Even I would have to admit it wasn’t the obvious way to go. The last three weeks have been amazing with the whole group coming together, but I have been on this project since May and during the intervening period I went ahead with my own fieldwork. Eventually all eight of us will start on our respective ethnographies with hopefully strong common threads. But we have agreed that there will also be some degree of autonomy in which we each have some themes of our own, something probably essential in a discipline such as anthropology.

So in May I decided that my own theme would be to start my study in collaboration with a hospice. This was possibly a very stupid move since our project is centred upon the consequences of social networking sites, and the one group who are least likely to be using this sites are the elderly who, in turn, make up the majority of those who are terminally ill. So why work with a hospice? I guess there were three reasons. The first was that for such a large grant from the public purse I felt that ethics is not just written consent forms, ethics is also whether your research directly benefits the welfare of populations who, in some sense, are paying for it. As it happens, the hospice director was interested in the likely long-term impact of new media and had asked if I could work with them. The health service has been incredibly conservative on this front, the NHS is still mostly based on fax and letters, so this seemed potentially a useful contribution.

The second was that I felt a project this big should address the big picture of anthropology, and not just our parochial ethnographies, and that, for theoretical reasons, I wanted to rethink what we understand by life as enhanced by technology and that this might be understood better in relation to the imminence of death. The third reason was that most researchers studying things like social network sites will simply focus on those alone, while for anthropology everything is context. Getting a real sense of the wider world of communications and social relations from non-users would ensure that we kept that broad context in view when it came to working on social networking sites specifically.

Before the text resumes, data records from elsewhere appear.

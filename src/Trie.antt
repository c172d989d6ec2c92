-- ===== src/Trie.antt =====
-- The tries of tags in which a LIST keeps its composite tags: `trie_t` of src/TagTrie.hpp, a map from tags in the order of their
-- hashes to nodes, and `doesSetMatchReading_trie` of src/GrammarApplicator_matchSet.cpp. A tag is known by its hash. A child that is
-- a null pointer and one that is an empty map are one: no operation here tells them apart.
pub mod Order
pub mod Insert
pub mod Tags
use vislcg.Base.{
  ltb, leb, ◌==◌, if◌then◌else◌, ltb→lt, ltb→le, leb→le, leb→lt, ==_iff, Bool-cases, Option-cases,
  if_elim, length, rejoin, length-append, ℕ, zero, suc, ◌+◌, ◌-◌, ◌*◌, ◌/◌, ◌%◌, ◌^◌, ◌≤◌, ◌<◌, min,
  max, ◌≡◌, refl, sym, ap, ◌∙◌, ◌≢◌, ◌↔◌, ◌⊎◌, inl, inr, Bool, true, false, not, ◌&&◌, ◌||◌, Option,
  none, some, List, [], ◌∷◌, ◌++◌, map, arith, word,
}

pub data Trie : Type 0 where
  empty : Trie
  entry : ℕ → Bool → Trie → Trie → Trie

-- The node of a key as `trie[key]` finds it, one that is made new included: not terminal and with no child.
unfoldable pub terminal_at : ℕ → Trie → Bool
terminal_at k empty = false
terminal_at k (entry key terminal child rest) =
    let later = terminal_at k rest in
    if ltb key k then later else if ltb k key then false else terminal

unfoldable pub child_at : ℕ → Trie → Trie
child_at k empty = empty
child_at k (entry key terminal child rest) =
    let later = child_at k rest in if ltb key k then later else if ltb k key then empty else child

-- `trie[k]` with both fields of the node assigned.
unfoldable pub set_node : ℕ → Bool → Trie → Trie → Trie
set_node k t c empty = entry k t c empty
set_node k t c (entry key terminal child rest) =
    let later = set_node k t c rest in
    if ltb key k
    then entry key terminal child later
    else if ltb k key
    then entry k t c (entry key terminal child rest)
    else entry key t c rest

-- `trie_insert` of the vector that has the tags `tag ∷ tags` left, with what it returns. A terminal node on the way stops it, and
-- the last node loses its children.
unfoldable pub trie_insert : ℕ → List ℕ → Trie → Bool × Trie
trie_insert tag [] trie =
    if terminal_at tag trie then (false, trie) else (true, set_node tag true empty trie)
trie_insert tag (tag' ∷ tags) trie =
    let below = trie_insert tag' tags (child_at tag trie) in
    if terminal_at tag trie then (false, trie) else (below.0, set_node tag false below.1 trie)

-- `trie_copy` and its helper, on what has been copied so far.
unfoldable pub copy_onto : Trie → Trie → Trie
copy_onto nt empty = nt
copy_onto nt (entry key terminal child rest) =
    copy_onto (set_node key terminal (copy_onto empty child) nt) rest

unfoldable pub trie_copy : Trie → Trie
trie_copy trie = copy_onto empty trie

unfoldable pub size : Trie → ℕ
size empty = 0
size (entry key terminal child rest) = suc (size rest)

unfoldable pub trie_singular : Trie → Bool
trie_singular empty = false
trie_singular (entry key terminal child empty) = terminal || trie_singular child
trie_singular (entry key terminal child (entry key' terminal' child' rest)) = false

-- `trie_hasType`, where `typed` says of a tag whether it has the type.
unfoldable pub has_type : (ℕ → Bool) → Trie → Bool
has_type typed empty = false
has_type typed (entry key terminal child rest) =
    let below = has_type typed child in
    let later = has_type typed rest in if typed key then true else if below then true else later

-- `trie_getTagList` behind the tags it has pushed before.
unfoldable pub tag_list : Trie → List ℕ → List ℕ
tag_list empty tags = tags
tag_list (entry key terminal child rest) tags = tag_list rest (tag_list child (tags ++ key ∷ []))

-- `doesSetMatchReading_trie` outside unification, where `hit` says whether a tag matches the reading and `failfast` whether it has
-- `T_FAILFAST`.
unfoldable pub match_trie : (ℕ → Bool) → (ℕ → Bool) → Trie → Bool
match_trie hit failfast empty = false
match_trie hit failfast (entry key terminal child rest) =
    let below = match_trie hit failfast child in
    let later = match_trie hit failfast rest in
    if hit key
    then if failfast key then later else if terminal then true else if below then true else later
    else later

It’s too early to know if any of these were right, but one thing I can say, is that you would not expect that a project based largely with terminal cancer patients would be anything other than downbeat. But I have found that these patients are genuinely happy to find someone who wants to talk about something other than illness and is asking for their advice and life stories and that actually the fieldwork so far has been really uplifting and often surprisingly enjoyable.